When configured, testmcpy will:
- Call the auth API with your credentials
- Extract the JWT access token from the response
- Cache the token for 50 minutes (tokens typically expire in 1 hour)
- Automatically refresh when needed

**Note:** Static `MCP_AUTH_TOKEN` takes priority.
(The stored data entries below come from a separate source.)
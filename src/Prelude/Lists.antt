-- ===== src/Prelude/Lists.antt =====
-- Lists measured by native numbers, and C arrays: writes and reads of a run of cells.
use Prim.Native.Nat.{ℕ, zero, suc, ◌+◌, ◌-◌, ◌≤◌, ◌<◌, min}
use mathlib.Core.Path.{◌≡◌, refl, sym, ap, ◌∙◌}
use mathlib.Core.List.{List, [], ◌∷◌, ◌++◌, map, append_assoc}
use mathlib.Core.Bool.{Bool, true, false}
use deepstream_fpfilter.Prelude.Tests.{if◌then◌else◌}
use mathlib.Core.Option
use mathlib.Core.Option.{Option, none, some}
use native.Mathlib.Omega.{arith}

module _ {ℓ} {A : Type ℓ} where
  abbrev pub length : List A → ℕ
  length [] = 0
  length (x ∷ xs) = suc (length xs)

  abbrev pub take : ℕ → List A → List A
  take zero xs = []
  take (suc n) [] = []
  take (suc n) (x ∷ xs) = x ∷ take n xs

  abbrev pub drop : ℕ → List A → List A
  drop zero xs = xs
  drop (suc n) [] = []
  drop (suc n) (x ∷ xs) = drop n xs

  abbrev pub replicate : ℕ → A → List A
  replicate zero a = []
  replicate (suc n) a = a ∷ replicate n a

  pub length-append : (xs ys : List A) → length (xs ++ ys) ≡ length xs + length ys
  length-append [] ys = omega arith
  length-append (x ∷ xs) ys = omega (arith, length-append xs ys)

  pub length-take : (n : ℕ) (xs : List A) → length (take n xs) ≡ min n (length xs)
  length-take zero xs = omega arith
  length-take (suc n) [] = omega arith
  length-take (suc n) (x ∷ xs) = omega (arith, length-take n xs)

  pub length-drop : (n : ℕ) (xs : List A) → length (drop n xs) ≡ length xs - n
  length-drop zero xs = omega arith
  length-drop (suc n) [] = omega arith
  length-drop (suc n) (x ∷ xs) = omega (arith, length-drop n xs)

  pub length-replicate : (n : ℕ) (a : A) → length (replicate n a) ≡ n
  length-replicate zero a = refl
  length-replicate (suc n) a = ap suc (length-replicate n a)

  pub take-append-drop : (n : ℕ) (xs : List A) → take n xs ++ drop n xs ≡ xs
  take-append-drop zero xs = refl
  take-append-drop (suc n) [] = refl
  take-append-drop (suc n) (x ∷ xs) = ap (◌∷◌ x) (take-append-drop n xs)

  -- `memcpy(a + i, vs, n)`; `none` is a write past the end of the array.
  unfoldable pub write_at : List A → ℕ → List A → Option (List A)
  write_at xs i [] = some xs
  write_at [] i (v ∷ vs) = none
  write_at (x ∷ xs) zero (v ∷ vs) = Option.map (◌∷◌ v) (write_at xs zero vs)
  write_at (x ∷ xs) (suc i) (v ∷ vs) = Option.map (◌∷◌ x) (write_at xs i (v ∷ vs))

  write_at-front :
      (old vs : List A)
      → length vs ≤ length old
      → write_at old 0 vs ≡ some (vs ++ drop (length vs) old)
  unfolding write_at
  write_at-front old [] h = refl
  write_at-front [] (v ∷ vs) h = absurd (omega arith)
  write_at-front (x ∷ old) (v ∷ vs) h = rw (write_at-front old vs (omega arith))

  -- A write right behind a front that stays.
  pub write_at-append :
      (pre old vs : List A)
      → length vs ≤ length old
      → write_at (pre ++ old) (length pre) vs ≡ some (pre ++ (vs ++ drop (length vs) old))
  unfolding write_at
  write_at-append pre old [] h = refl
  write_at-append [] old (v ∷ vs) h = write_at-front old (v ∷ vs) h
  write_at-append (x ∷ pre) old (v ∷ vs) h = rw (write_at-append pre old (v ∷ vs) h)

  write_at_front_overflow : (old vs : List A) → length old < length vs → write_at old 0 vs ≡ none
  unfolding write_at
  write_at_front_overflow old [] h = absurd (omega arith)
  write_at_front_overflow [] (v ∷ vs) h = refl
  write_at_front_overflow (x ∷ old) (v ∷ vs) h = rw (write_at_front_overflow old vs (omega arith))

  pub write_at_overflow :
      (pre old vs : List A) → length old < length vs → write_at (pre ++ old) (length pre) vs ≡ none
  unfolding write_at
  write_at_overflow pre old [] h = absurd (omega arith)
  write_at_overflow [] old (v ∷ vs) h = write_at_front_overflow old (v ∷ vs) h
  write_at_overflow (x ∷ pre) old (v ∷ vs) h = rw (write_at_overflow pre old (v ∷ vs) h)

  -- Two ways to cut one list: the shorter front is a front of the longer one.
  pub append-cut :
      (xs ys zs ws : List A)
      → xs ++ ys ≡ zs ++ ws
      → length xs ≤ length zs
      → (zs ≡ xs ++ drop (length xs) zs) × (ys ≡ drop (length xs) zs ++ ws)
  append-cut [] ys zs ws e h = (refl, e)
  append-cut (x ∷ xs) ys [] ws e h = absurd (omega arith)
  append-cut (x ∷ xs) ys (z ∷ zs) ws e h =
      let (p, q) = append-cut xs ys zs ws (cc) (omega arith) in (cc, q)

  pub take-nil : (n : ℕ) → take n [] ≡ []
  take-nil zero = refl
  take-nil (suc n) = refl

  pub drop-nil : (n : ℕ) → drop n [] ≡ []
  drop-nil zero = refl
  drop-nil (suc n) = refl

  -- To skip two runs one after the other is to skip both at once.
  drop-append :
      (xs ys zs : List A) → drop (length (xs ++ ys)) zs ≡ drop (length ys) (drop (length xs) zs)
  drop-append [] ys zs = refl
  drop-append (x ∷ xs) ys [] = sym (drop-nil (length ys))
  drop-append (x ∷ xs) ys (z ∷ zs) = drop-append xs ys zs

  -- Two runs put one behind the other over the cells `old` are their concatenation put there.
  pub regroup :
      (front xs ys old : List A)
      → (front ++ xs) ++ (ys ++ drop (length ys) (drop (length xs) old))
        ≡ front ++ ((xs ++ ys) ++ drop (length (xs ++ ys)) old)
  regroup front xs ys old =
      rw (drop-append xs ys old)
        (append_assoc front xs _ ∙ ap (◌++◌ front) (sym (append_assoc xs ys _)))

  take-all : (xs ys : List A) → take (length xs) (xs ++ ys) ≡ xs
  take-all [] ys = refl
  take-all (x ∷ xs) ys = ap (◌∷◌ x) (take-all xs ys)

  drop-all : (xs ys : List A) → drop (length xs) (xs ++ ys) ≡ ys
  drop-all [] ys = refl
  drop-all (x ∷ xs) ys = drop-all xs ys

  -- The cells between a front and a tail.
  pub window :
      (front xs tail : List A) → take (length xs) (drop (length front) (front ++ (xs ++ tail))) ≡ xs
  window front xs tail = rw (drop-all front (xs ++ tail)) (take-all xs tail)

-- A predicate on every element, by recursion.
abbrev pub All {ℓ κ} : {A : Type ℓ} → (A → Type κ) → List A → Type κ
All P [] = Unit
All P (x ∷ xs) = P x × All P xs

-- A front that is as long as the list is the list.
pub take-all_of_le {ℓ} : {A : Type ℓ} (n : ℕ) (xs : List A) → length xs ≤ n → take n xs ≡ xs
take-all_of_le zero [] h = refl
take-all_of_le (suc n) [] h = refl
take-all_of_le zero (x ∷ xs) h = absurd (omega arith)
take-all_of_le (suc n) (x ∷ xs) h = ap (◌∷◌ x) (take-all_of_le n xs (omega arith))

pub length-map {ℓ κ} :
    {A : Type ℓ} {B : Type κ} (xs : List A) (f : A → B) → length (map f xs) ≡ length xs
length-map [] f = refl
length-map (x ∷ xs) f = ap suc (length-map xs f)

pub All-map {ℓ κ ι} :
    {A : Type ℓ} {P : A → Type κ} {Q : A → Type ι}
    → ((x : A) → P x → Q x)
    → (xs : List A) → All P xs
    → All Q xs
All-map f [] h = tt
All-map f (x ∷ xs) (p, h) = (f x p, All-map f xs h)

pub All-zip {ℓ κ ι} :
    {A : Type ℓ} (P : A → Type κ) (Q : A → Type ι) (xs : List A)
    → All P xs
    → All Q xs
    → All (λ x. P x × Q x) xs
All-zip P Q [] h g = tt
All-zip P Q (x ∷ xs) (p, h) (q, g) = ((p, q), All-zip P Q xs h g)

pub All-insert {ℓ κ} :
    {A : Type ℓ} (P : A → Type κ) (xs ys : List A) {a : A}
    → P a
    → All P (xs ++ ys)
    → All P (xs ++ (a ∷ ys))
All-insert P [] ys p h = (p, h)
All-insert P (x ∷ xs) ys p (q, h) = (q, All-insert P xs ys p h)

pub All-remove {ℓ κ} :
    {A : Type ℓ} (P : A → Type κ) (xs ys : List A) {a : A}
    → All P (xs ++ (a ∷ ys))
    → P a × All P (xs ++ ys)
All-remove P [] ys h = h
All-remove P (x ∷ xs) ys (q, h) = let (p, g) = All-remove P xs ys h in (p, (q, g))

-- What holds of the value, if there is one.
abbrev pub Holds {ℓ κ} : {A : Type ℓ} → (A → Type κ) → Option A → Type κ
Holds P none = Unit
Holds P (some a) = P a

pub Holds-if {ℓ κ} :
    {A : Type ℓ} (P : A → Type κ) (b : Bool) (o : Option A)
    → (b ≡ false → Holds P o)
    → Holds P (if b then none else o)
Holds-if P true o h = tt
Holds-if P false o h = h refl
If both are configured, the static token is used.

### Environment Variables

All configuration keys can also be set via environment variables:

```bash
# For Claude providers
export ANTHROPIC_API_KEY="sk-ant-..."

# For OpenAI provider
export OPENAI_API_KEY="sk-..."

# MCP service
export MCP_URL="http://localhost:5008/mcp/"
export MCP_AUTH_TOKEN="your_token"

# Or use dynamic token generation
export MCP_AUTH_API_URL="https://api.app.preset.io/v1/auth/"
export MCP_AUTH_API_TOKEN="your_api_token"
export MCP_AUTH_API_SECRET="your_api_secret"

# Default LLM settings
export DEFAULT_MODEL="claude-sonnet-4-5"
export DEFAULT_PROVIDER="anthropic"
```

## Development Status

### Phase 0: Research & Prototype ✅
- [x] Research local LLM options with tool calling
- [x] Build minimal Python script for LLM+MCP integration
- [x] Validate tool calling with selected LLM
- [x] Create basic framework structure

### Phase 1: Foundation (In Progress)
- [x] CLI framework with typer + rich
- [x] Basic test execution engine
- [x] MCP protocol client
- [x] LLM provider abstraction
- [x] Core evaluation functions
- [ ] Integration with existing Superset tests

### Phase 2: Core Features (Planned)
- [ ] Multi-model comparison support
- [ ] Advanced reporting with charts
- [ ] Test suite versioning
- [ ] Parallel test execution

### Phase 3: Advanced Capabilities (Future)
- [ ] CI/CD integration
- [ ] Interactive test development mode
- [ ] Performance profiling
- [ ] Cost optimization insights

## Known Limitations

- **Claude SDK Provider**: Only supports stdio-based MCP servers (command-line tools)
  - **Not compatible** with HTTP-based MCP services (like Superset MCP)
  - Use `anthropic` provider for HTTP MCP services
- **HTTP MCP Services**: Use `anthropic` provider (fully supported)
- **Ollama models**: Require specific formatting for reliable tool calling
- **CPU-only execution**: May be slow for larger local models
- **Tool calling accuracy**: Varies by model (Claude models generally most reliable)
- **Cost**: Claude API providers (`anthropic`) incur API costs; consider using Ollama for development

## Contributing

This framework follows the patterns established by promptimize and superset-sup. When contributing:

1. Use modern Python practices (type hints, async/await)
2. Follow the existing code style
3. Add tests for new evaluators
4. Document new features in this README

## License

Same as the parent promptimize project.